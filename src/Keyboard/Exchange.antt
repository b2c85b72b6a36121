-- ===== src/Keyboard/Exchange.antt =====
-- What one command to the keyboard sends and waits for (drivers/keyboard/keyboard.cpp, lines 102 to
-- 144).
use bare_metal_programming.Prelude.{
  ℕ, zero, suc, ◌+◌, ◌*◌, ◌≤◌, ◌<◌, ◌≡◌, refl, ◌∙◌, ap, arith, bit_and, ◌==◌, ◌⊎◌, inl, inr, Bool,
  true, false, if◌then◌else◌, List, [], ◌∷◌,
}
use bare_metal_programming.Keyboard.Start.{
  Write, Wire, data_port, status_port, input_buffer_full, keyboard_timeout, keyboard_ack,
  after_read, wait, outb, inb, input_loop, wait_input_buffer_clear, output_loop,
  wait_output_buffer_full, acknowledged, read_keyboard_ack, sent, send_keyboard_byte_and_wait_ack,
  flush_loop,
}

-- The bytes for the data port, each with the number of reads before it.
unfoldable pub bytes_of : List Write → List (ℕ × ℕ)
bytes_of [] = []
bytes_of (w ∷ writes) =
    let rest = bytes_of writes in if w.port == data_port then (w.time, w.value) ∷ rest else rest

abbrev pub data_bytes : Wire → List (ℕ × ℕ)
data_bytes w = bytes_of w.writes

-- At most `n` reads, and nothing written to the data port.
pub record Polled (n : ℕ) (w w' : Wire) : Type 0 where
  pub quiet : data_bytes w' ≡ data_bytes w
  pub forward : w.reads ≤ w'.reads
  pub few : w'.reads ≤ w.reads + n

pub Polled-trans :
    (m n k : ℕ) (a b c : Wire) → m + n ≤ k → Polled m a b → Polled n b c → Polled k a c
Polled-trans m n k a b c h p q = record {
  quiet = q.quiet ∙ p.quiet;
  forward = omega (arith, p.forward, q.forward);
  few = omega (arith, p.few, q.few);
}

-- One read, with or without a wait after it.
read-Polled : (w : Wire) → Polled 1 w (after_read w)
read-Polled w = record { quiet = refl; forward = omega arith; few = omega arith }

pause-Polled : (w : Wire) → Polled 1 w (wait (after_read w))
unfolding bytes_of
pause-Polled w = record { quiet = refl; forward = omega arith; few = omega arith }

pub more-Polled : (m n : ℕ) (w w' : Wire) → m ≤ n → Polled m w w' → Polled n w w'
more-Polled m n w w' h p = record {
  quiet = p.quiet;
  forward = p.forward;
  few = omega (arith, p.few);
}

module _ (device : ℕ → ℕ → ℕ) where
  abbrev pub IsClear : ℕ → Type 0
  IsClear t = (bit_and (device t status_port) input_buffer_full == 0) ≡ true

  -- After a success, the last read found the input buffer clear.
  abbrev Cleared : ℕ → Wire → Bool × Wire → Type 0
  Cleared n w r =
      Polled n w r.1 × (r.0 ≡ true → (t : ℕ) × (w.reads ≤ t) × (suc t ≡ r.1.reads) × IsClear t)

  input_step :
      (n : ℕ) (w : Wire) (b : Bool) (r : Bool × Wire)
      → (bit_and (inb device status_port w) input_buffer_full == 0) ≡ b
      → Cleared n (wait (after_read w)) r
      → Cleared (suc n) w (elim b [ true ↦ (true, after_read w) | false ↦ r ])
  input_step n w true r e c = (
    more-Polled 1 (suc n) w _ (omega arith) (read-Polled w),
    λ _. (w.reads, omega arith, omega arith, e),
  )
  input_step n w false r e (p, found) = (
    Polled-trans 1 n (suc n) w _ r.1 (omega arith) (pause-Polled w) p,
    λ ok. let (t, after, last, clear) = found ok in (t, omega arith, last, clear),
  )

  input_loop-Cleared : (n : ℕ) (w : Wire) → Cleared n w (input_loop device n w)
  unfolding input_loop
  input_loop-Cleared zero w = (
    record { quiet = refl; forward = omega arith; few = omega arith },
    λ ok. absurd (ground (arith, ok)),
  )
  input_loop-Cleared (suc n) w =
      input_step n w _ _ refl (input_loop-Cleared n (wait (after_read w)))

  output_step :
      (n : ℕ) (w : Wire) (b : Bool) (r : Bool × Wire)
      → Polled n (wait (after_read w)) r.1
      → Polled
          (suc n)
          w
          (elim b as (λ _. Bool × Wire) [ false ↦ (true, after_read w) | true ↦ r ]).1
  output_step n w false r p = more-Polled 1 (suc n) w _ (omega arith) (read-Polled w)
  output_step n w true r p = Polled-trans 1 n (suc n) w _ r.1 (omega arith) (pause-Polled w) p

  output_loop-Polled : (n : ℕ) (w : Wire) → Polled n w (output_loop device n w).1
  unfolding output_loop
  output_loop-Polled zero w = record { quiet = refl; forward = omega arith; few = omega arith }
  output_loop-Polled (suc n) w = output_step n w _ _ (output_loop-Polled n (wait (after_read w)))

  flush_step :
      (n : ℕ) (w r : Wire) (b : Bool)
      → Polled (2 * n) (wait (after_read (after_read w))) r
      → Polled (2 * suc n) w (elim b [ true ↦ after_read w | false ↦ r ])
  flush_step n w r true p = more-Polled 1 (2 * suc n) w _ (omega arith) (read-Polled w)
  flush_step n w r false p =
      let twice =
        Polled-trans 1 1 2 w _ _ (omega arith) (read-Polled w) (pause-Polled (after_read w)) in
      Polled-trans 2 (2 * n) (2 * suc n) w _ r (omega arith) twice p

  pub flush_loop-Polled : (n : ℕ) (w : Wire) → Polled (2 * n) w (flush_loop device n w)
  unfolding flush_loop
  flush_loop-Polled zero w = record { quiet = refl; forward = omega arith; few = omega arith }
  flush_loop-Polled (suc n) w =
      flush_step n w _ _ (flush_loop-Polled n (wait (after_read (after_read w))))

  -- The byte was written once, and the last read before it found the input buffer clear.
  pub record WrittenAt (clear byte : ℕ) (w w' : Wire) : Type 0 where
    pub later : w.reads ≤ clear
    pub before : clear < w'.reads
    pub is_clear : IsClear clear
    pub bytes : data_bytes w' ≡ (clear + 1, byte) ∷ data_bytes w

  -- What one command leaves: at most 200,001 reads; without a success the byte may be written or not,
  -- and after one the last read is the answer.
  pub record Sent (byte : ℕ) (w : Wire) (r : Bool × Wire) : Type 0 where
    pub forward : w.reads ≤ r.1.reads
    pub few : r.1.reads ≤ w.reads + 200001
    pub failure :
        r.0 ≡ false → (data_bytes r.1 ≡ data_bytes w) ⊎ ((clear : ℕ) × WrittenAt clear byte w r.1)
    pub success :
        r.0 ≡ true
        → (clear : ℕ) × (answer : ℕ) × WrittenAt clear byte w r.1
          × (clear < answer)
          × (suc answer ≡ r.1.reads)
          × (device answer data_port ≡ keyboard_ack)

  -- The byte is written after the read `clear`, and the wait for the answer follows.
  written_at :
      (byte : ℕ) (w w1 w2 : Wire) (clear : ℕ)
      → w.reads ≤ clear
      → suc clear ≡ w1.reads
      → IsClear clear
      → data_bytes w1 ≡ data_bytes w
      → Polled 100000 (outb data_port byte w1) w2
      → WrittenAt clear byte w w2
  unfolding bytes_of
  written_at byte w w1 w2 clear after last c q p = record {
    later = after;
    before = omega (arith, p.forward);
    is_clear = c;
    bytes =
        p.quiet
        ∙ ap (λ t. (w1.reads, byte) ∷ t) q
        ∙ ap (λ t. (t, byte) ∷ data_bytes w) (let at : w1.reads ≡ clear + 1 = omega arith in at);
  }

  acknowledged-Sent :
      (byte : ℕ) (w w1 : Wire) (clear : ℕ) (r : Bool × Wire)
      → w.reads ≤ clear
      → suc clear ≡ w1.reads
      → w1.reads ≤ w.reads + 100000
      → IsClear clear
      → data_bytes w1 ≡ data_bytes w
      → Polled 100000 (outb data_port byte w1) r.1
      → Sent byte w (acknowledged device r)
  unfolding acknowledged
  acknowledged-Sent byte w w1 clear (false, w2) after last few c q p = record {
    forward = omega (arith, p.forward);
    few = omega (arith, p.few);
    failure = λ _. inr (clear, written_at byte w w1 w2 clear after last c q p);
    success = λ ok. absurd (ground (arith, ok));
  }
  acknowledged-Sent byte w w1 clear (true, w2) after last few c q p = record {
    forward = omega (arith, p.forward);
    few = omega (arith, p.few);
    failure = λ _. inr (clear, at);
    success =
        λ ok. (clear, w2.reads, at, omega (arith, p.forward), omega arith, ground (arith, ok));
  }
    where
      at : WrittenAt clear byte w (after_read w2)
      at =
          let a = written_at byte w w1 w2 clear after last c q p in
          record {
            later = a.later;
            before = omega (arith, a.before);
            is_clear = a.is_clear;
            bytes = a.bytes;
          }

  sent-Sent :
      (byte : ℕ) (w : Wire) (r : Bool × Wire)
      → Cleared 100000 w r
      → Sent byte w (sent device byte r)
  unfolding sent read_keyboard_ack wait_output_buffer_full
  sent-Sent byte w (false, w1) (p, found) = record {
    forward = p.forward;
    few = omega (arith, p.few);
    failure = λ _. inl p.quiet;
    success = λ ok. absurd (ground (arith, ok));
  }
  sent-Sent byte w (true, w1) (p, found) =
      let (clear, after, last, c) = found refl in
      acknowledged-Sent byte w w1 clear _ after last p.few c p.quiet
        (output_loop-Polled keyboard_timeout (outb data_port byte w1))

  pub send-Sent :
      (byte : ℕ) (w : Wire) → Sent byte w (send_keyboard_byte_and_wait_ack device byte w)
  unfolding send_keyboard_byte_and_wait_ack wait_input_buffer_clear
  send-Sent byte w = sent-Sent byte w _ (input_loop-Cleared keyboard_timeout w)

Instructions for the task » Say how many lines in the listing include the word "last", giving nothing but the number.

Response » 11